Who is Madeleine L’Engle:

The author who introduced my fourth grade self to the fantasy genre with her book, A Wrinkle in Time.

Why This Person:

I did not know L’Engle wrote anything but fiction for children until recently. I am finding her collection of essays on faith and art to be as invigorating now as A Wrinkle in Time was at age ten.

Why this quote:

My oldest daughter mentioned Interfaith Gathering tonight, and I got all nostalgic. What amazed me tonight was the fact that it did not exist until I created it. And that through that act of creation, something beautiful and life-giving happened for a diversity of women.

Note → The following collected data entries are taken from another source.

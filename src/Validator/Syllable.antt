-- ===== src/Validator/Syllable.antt =====
-- `ValidateImpl`, `CheckToneModInvariant` and `ValidateSyllableState`.
use nexus_key.Base.{
  ℕ, Bool, true, false, not, ◌&&◌, ◌||◌, ◌==◌, ltb, leb, if◌then◌else◌, Option, none, some, List,
  [], ◌∷◌, length,
}
use nexus_key.State.{
  CharState, mod_eq, no_mod, is_vowel, is_d, has_modifier, has_tone, at, base_at, is_vowel_at,
}
use nexus_key.Phonology.Keys.{is_front_base_vowel}
use nexus_key.Validator.Consonants.{parse_initial_consonant, is_valid_consonant_prefix}
use nexus_key.Validator.Decomposition.{
  SyllableState, valid, valid_prefix, invalid, validate_decomposition,
}

abbrev pub is_valid : SyllableState → Bool
is_valid valid = true
is_valid _ = false

abbrev pub is_valid_prefix : SyllableState → Bool
is_valid_prefix valid_prefix = true
is_valid_prefix _ = false

abbrev pub is_invalid : SyllableState → Bool
is_invalid invalid = true
is_invalid _ = false

-- The better of two results, with `worse` if both are invalid.
abbrev pub best : SyllableState → SyllableState → SyllableState → SyllableState
best r1 r2 worse =
    if is_valid r2 || is_valid r1
    then valid
    else if is_valid_prefix r2 || is_valid_prefix r1
    then valid_prefix
    else worse

-- `result` raised by the result of another decomposition.
abbrev pub raise : SyllableState → SyllableState → SyllableState
raise r result =
    if is_valid r
    then valid
    else if is_valid_prefix r && not (is_valid result)
    then valid_prefix
    else result

-- k, c, q, gh and ngh before the vowels that they do not go with.
unfoldable pub clashes : List CharState → ℕ → Bool
clashes states initial_len =
    let first = base_at states initial_len in
    let front = is_front_base_vowel first in
    let c0 = base_at states 0 in
    let c1 = base_at states 1 in
    if initial_len == 1
    then c0 == b'k' && not front || c0 == b'c' && front || c0 == b'q' && not (first == b'u')
    else if initial_len == 2
    then c0 == b'g' && c1 == b'h' && not front
    else initial_len == 3 && c0 == b'n' && c1 == b'g' && base_at states 2 == b'h' && not front

-- The two readings of a buffer that begins with gi or qu.
unfoldable pub validate_ambiguous : List CharState → SyllableState → SyllableState
validate_ambiguous states result =
    let count = length states in
    let c0 = base_at states 0 in
    let c1 = base_at states 1 in
    let r1 = validate_decomposition states 1 in
    let r2 = validate_decomposition states 2 in
    if leb 2 count && c0 == b'g' && c1 == b'i' && is_vowel_at states 1
    then (if ltb 2 count && is_vowel_at states 2 then best r1 r2 result else raise r1 result)
    else if leb 2 count && c0 == b'q' && c1 == b'u'
    then (if ltb 2 count && is_vowel_at states 2
        then raise r2 result
        else if count == 2
        then valid_prefix
        else result)
    else result

-- From the length of the initial consonant on.
unfoldable pub validate_from : List CharState → Bool → ℕ → SyllableState
validate_from states zwjf initial_len =
    let count = length states in
    let prefix = if is_valid_consonant_prefix states zwjf then valid_prefix else invalid in
    if ltb 0 initial_len && initial_len == count
    then prefix
    else if ltb 0 initial_len && ltb initial_len count && not (is_vowel_at states initial_len)
    then prefix
    else if ltb initial_len count && is_vowel_at states initial_len && clashes states initial_len
    then invalid
    else validate_ambiguous states (validate_decomposition states initial_len)

unfoldable pub validate_impl : List CharState → Bool → SyllableState
validate_impl states zwjf =
    let initial_len = parse_initial_consonant states zwjf in
    if length states == 0
    then valid_prefix
    else if initial_len == 0 && not (is_vowel_at states 0)
    then (if is_d (at states 0) && mod_eq (at states 0).mod_ no_mod
        then validate_from states zwjf 1
        else invalid)
    else validate_from states zwjf initial_len

-- The scan of the states: whether a vowel has a modifier, and the toned vowel; `none` once a
-- second tone is found.
pub record Marks : Type 0 where
  pub any_mod : Bool
  pub toned : Option CharState

unfoldable pub scan_marks : Marks → List CharState → Option Marks
scan_marks m [] = some m
scan_marks m (s ∷ states) =
    let m' : Marks = record m { any_mod = m.any_mod || has_modifier s } in
    let skip = scan_marks m states in
    let untoned = scan_marks m' states in
    let toned = scan_marks (record m' { toned = some s }) states in
    if not (is_vowel s)
    then skip
    else if not (has_tone s)
    then untoned
    else (elim m.toned [ none ↦ toned | some t ↦ none ])

unfoldable pub check_tone_mod_invariant : List CharState → Bool
check_tone_mod_invariant states =
    elim (scan_marks (record { any_mod = false; toned = none }) states) [
      | none ↦ false
      | some m ↦ elim m.toned [ none ↦ true | some t ↦ not m.any_mod || has_modifier t ]
    ]

unfoldable pub validate_syllable_state : List CharState → Bool → SyllableState
validate_syllable_state states zwjf =
    let r = validate_impl states zwjf in
    if not (is_invalid r) && not (check_tone_mod_invariant states) then invalid else r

And how much joy comes from creating something like this, even though it’s hard and the unknowns test you.

Since stepping away from this work following my move to the southern United States, I’ve spent more time than I’d like to admit floundering a bit, doubting myself and how God may be using me in this new place and stage of life, doubting whether my creative, free-spirit self has a place in the PCUSA, which loves committees and the sense of order and direction they provide.

My heart is finally making the journey home to embrace my Presbyterian lineage–even if I don’t yet trust myself to let all my creative, free spirit colors wave there, or trust my home’s theological breath and demonstrated potential for finding grace in hard questions amidst its love of order and precision.

L’Engle’s words affirm who I am and why my creative, free-spirited self may be welcomed even where committees abound.

[1] Madeleine L’Engle, Walking on Water: Reflections on Faith and Art (New York: Convergent Books, 2001), 35.